Netflix and Spill: iBoy

You can instantly tell that any product or show that prefixes ‘I’ will be a technnological adpatation (and one that is usually self- centred).

Tom (Rory Kinnear) is your typical disinterested yet bright English schoolkid with an interest in Lucy (Maisie Williams).

Both find themselves at the mercy of a lower middle class gang, resulting in Tom being shot in the head and Lucy being left traumatised. Tom awakens to the realisation that shrapnel from his mobile phone has lodged itself in his brain.

Suddenly finding himself wired and in synch with every electronic device in the city, he embarks on a vigilante, voodoo doll escapade to seek revenge on the gang. Think Limitless meets Gotham meets Black Mirror. 

Initially, it seems that every teen’s dream is to read the minds of their peers and know what they are really thinking.Pacing begins very quickly and from the onset the ball starts rolling, but in the second half slows down.  We are challenged to think about the ethical implications of Tom’s actions and whether if given his abilities we would choose to wreak havoc on the people who wronged us. Once Nan (Miranda Richardson, perhaps too young for the role) steps in, Tom can’t just become the night owl seeking justice.

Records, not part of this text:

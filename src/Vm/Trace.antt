-- ===== src/Vm/Trace.antt =====
-- vm.c: find_quark and the lines of a stack trace.
use calx.Base.{
  ℕ, zero, suc, ◌+◌, ◌-◌, ◌/◌, ◌≤◌, ◌<◌, ◌≡◌, refl, sym, ap, ◌∙◌, inl, inr, Bool, false, Option,
  none, some, List, [], ◌∷◌, arith, get_elem?, length, ltb, leb, ◌==◌, if◌then◌else◌, Bool-cases,
}
use mathlib.Core.Option
use calx.Vm.State.{Quark, CallSite}

-- The binary search, on fuel: the range gets shorter in each round. An index out of range is not
-- reached.
unfoldable pub quark_loop : ℕ → ℕ → List Quark → ℕ → ℕ → ℕ
quark_loop zero instr quarks left right = left
quark_loop (suc fuel) instr quarks left right =
    let mid = left + (right - left) / 2 in
    let above = quark_loop fuel instr quarks (mid + 1) right in
    let below = quark_loop fuel instr quarks left mid in
    if left == right then left else elim (get_elem? quarks mid) [
      | none ↦ left
      | some quark ↦ if leb quark.instr instr then above else below
    ]

-- `none` is the failure of the assertion
unfoldable pub find_quark : ℕ → List Quark → Option ℕ
unfolding quark_loop
find_quark instr quarks =
    let left = quark_loop (suc (length quarks)) instr quarks 0 (length quarks) in
    if left == 0 then none else some (left - 1)

-- state_print_traceback: the functions and the instructions that a trace shows, the last call first
unfoldable pub traceback : ℕ → List CallSite → List (ℕ × ℕ)
traceback ip [] = []
traceback ip (site ∷ cs) =
    (site.callee, ip)
    ∷ elim site.call_ip [ none ↦ traceback 0 cs | some call_ip ↦ traceback call_ip cs ]

-- the quarks stand in the order of their instructions
abbrev pub Sorted : List Quark → Type 0
Sorted [] = Unit
Sorted (q ∷ []) = Unit
Sorted (q ∷ r ∷ quarks) = (q.instr ≤ r.instr) × Sorted (r ∷ quarks)

-- how many quarks at the start are no later than the instruction
abbrev pub no_later : ℕ → List Quark → ℕ
no_later instr [] = 0
no_later instr (q ∷ quarks) =
    let n = suc (no_later instr quarks) in if leb q.instr instr then n else 0

Sorted-tail : (q : Quark) (quarks : List Quark) → Sorted (q ∷ quarks) → Sorted quarks
Sorted-tail q [] h = tt
Sorted-tail q (r ∷ quarks) h = h.1

same_quark : (q r : Quark) → some q ≡ some r → q ≡ r
same_quark q r e = ap (λ (o : Option Quark). Option.get_or o q) e

later :
    (instr : ℕ) (q : Quark) (quarks : List Quark) (j : ℕ) (r : Quark)
    → Sorted (q ∷ quarks)
    → instr < q.instr
    → get_elem? (q ∷ quarks) j ≡ some r
    → instr < r.instr
later instr q quarks zero r h lt e = omega (arith, ap (λ (t : Quark). t.instr) (same_quark q r e))
later instr q [] (suc j) r h lt e = absurd (Option.none-ne-some r e)
later instr q (p ∷ quarks) (suc j) r h lt e = later instr p quarks j r h.1 (omega (arith, h.0)) e

-- in order, the quark at an index tells on which side of the count the index is
side :
    (instr : ℕ) (quarks : List Quark) (j : ℕ) (q : Quark)
    → Sorted quarks
    → get_elem? quarks j ≡ some q
    → leb q.instr instr ≡ ltb j (no_later instr quarks)
side instr [] j q h e = absurd (Option.none-ne-some q e)
side instr (p ∷ quarks) zero q h e = rw (sym (same_quark p q e)) (ground arith)
side instr (p ∷ quarks) (suc j) q h e = elim (Bool-cases (leb p.instr instr)) [
  | inl t ↦ rw (t, side instr quarks j q (Sorted-tail p quarks h) e) (ground arith)
  | inr t ↦ let lt = later instr p quarks (suc j) q h (ground arith) e in rw t (ground (arith, lt))
]

pub no_later-le : (instr : ℕ) (quarks : List Quark) → no_later instr quarks ≤ length quarks
no_later-le instr [] = omega arith
no_later-le instr (q ∷ quarks) = let h = no_later-le instr quarks in ground arith

quark_at :
    (quarks : List Quark) (i : ℕ) → i < length quarks → (q : Quark) × (get_elem? quarks i ≡ some q)
quark_at [] i h = absurd (omega arith)
quark_at (q ∷ quarks) zero h = (q, refl)
quark_at (q ∷ quarks) (suc i) h = quark_at quarks i (omega arith)

pub quark_loop-no_later :
    (fuel instr : ℕ) (quarks : List Quark) (left right : ℕ)
    → Sorted quarks
    → left ≤ no_later instr quarks
    → no_later instr quarks ≤ right
    → right ≤ length quarks
    → right - left < fuel
    → quark_loop fuel instr quarks left right ≡ no_later instr quarks
unfolding quark_loop
quark_loop-no_later zero instr quarks left right h lo hi fits enough = absurd (omega arith)
quark_loop-no_later (suc fuel) instr quarks left right h lo hi fits enough =
    elim (Bool-cases (left == right)) [
      | inl e ↦ rw e (ground arith)
      | inr e ↦
          let mid = left + (right - left) / 2 in
          let below : mid < right = ground arith in
          let (q, at) = quark_at quarks mid (omega (arith, below, fits)) in
          let which = side instr quarks mid q h at in
          elim (Bool-cases (ltb mid (no_later instr quarks))) [
            | inl t ↦
                rw (e, at, which, t)
                  (quark_loop-no_later fuel instr quarks (mid + 1) right h (ground arith) hi fits
                    (ground (arith, below)))
            | inr t ↦
                rw (e, at, which, t)
                  (quark_loop-no_later fuel instr quarks left mid h lo (ground arith)
                    (omega (arith, below, fits)) (ground (arith, below)))
          ]
    ]

-- the indices up to the one found
abbrev pub up_to : Option ℕ → ℕ → Bool
up_to none j = false
up_to (some i) j = leb j i

-- Where the quarks stand in the order of their instructions, find_quark gives the last one that is no
-- later than the instruction: the quarks up to it, or none, are just those that are no later.
pub find_quark-up_to :
    (instr : ℕ) (quarks : List Quark) (j : ℕ) (q : Quark)
    → Sorted quarks
    → get_elem? quarks j ≡ some q
    → leb q.instr instr ≡ up_to (find_quark instr quarks) j
unfolding find_quark
find_quark-up_to instr quarks j q h e =
    let n = no_later instr quarks in
    let found =
      quark_loop-no_later (suc (length quarks)) instr quarks 0 (length quarks) h (omega arith)
        (no_later-le instr quarks) (omega arith) (omega arith) in
    side instr quarks j q h e ∙ elim (Bool-cases (n == 0)) [
      | inl z ↦ rw (found, z) (ground arith)
      | inr z ↦ rw (found, z) (ground arith)
    ]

Thematically, iBoy has potential to explore the influence of crime in small towns and how youth become entangled in its appeal as a fast way to the top. It also hits the nail on the head-literally-about the pervasiveness of our phones and the relative ease at which we can remotely commit crimes without even the touch of a button.

Like every piece of technology, it is not always as promising as it seems.

Tom as a character just falls flat. He is surly and not very sociable, and so it is hard to empathise with him. Maisie Williams still has that stubborn Arya Stark gloss and although she is charming at times, she just isn’t that compelling as a love interest.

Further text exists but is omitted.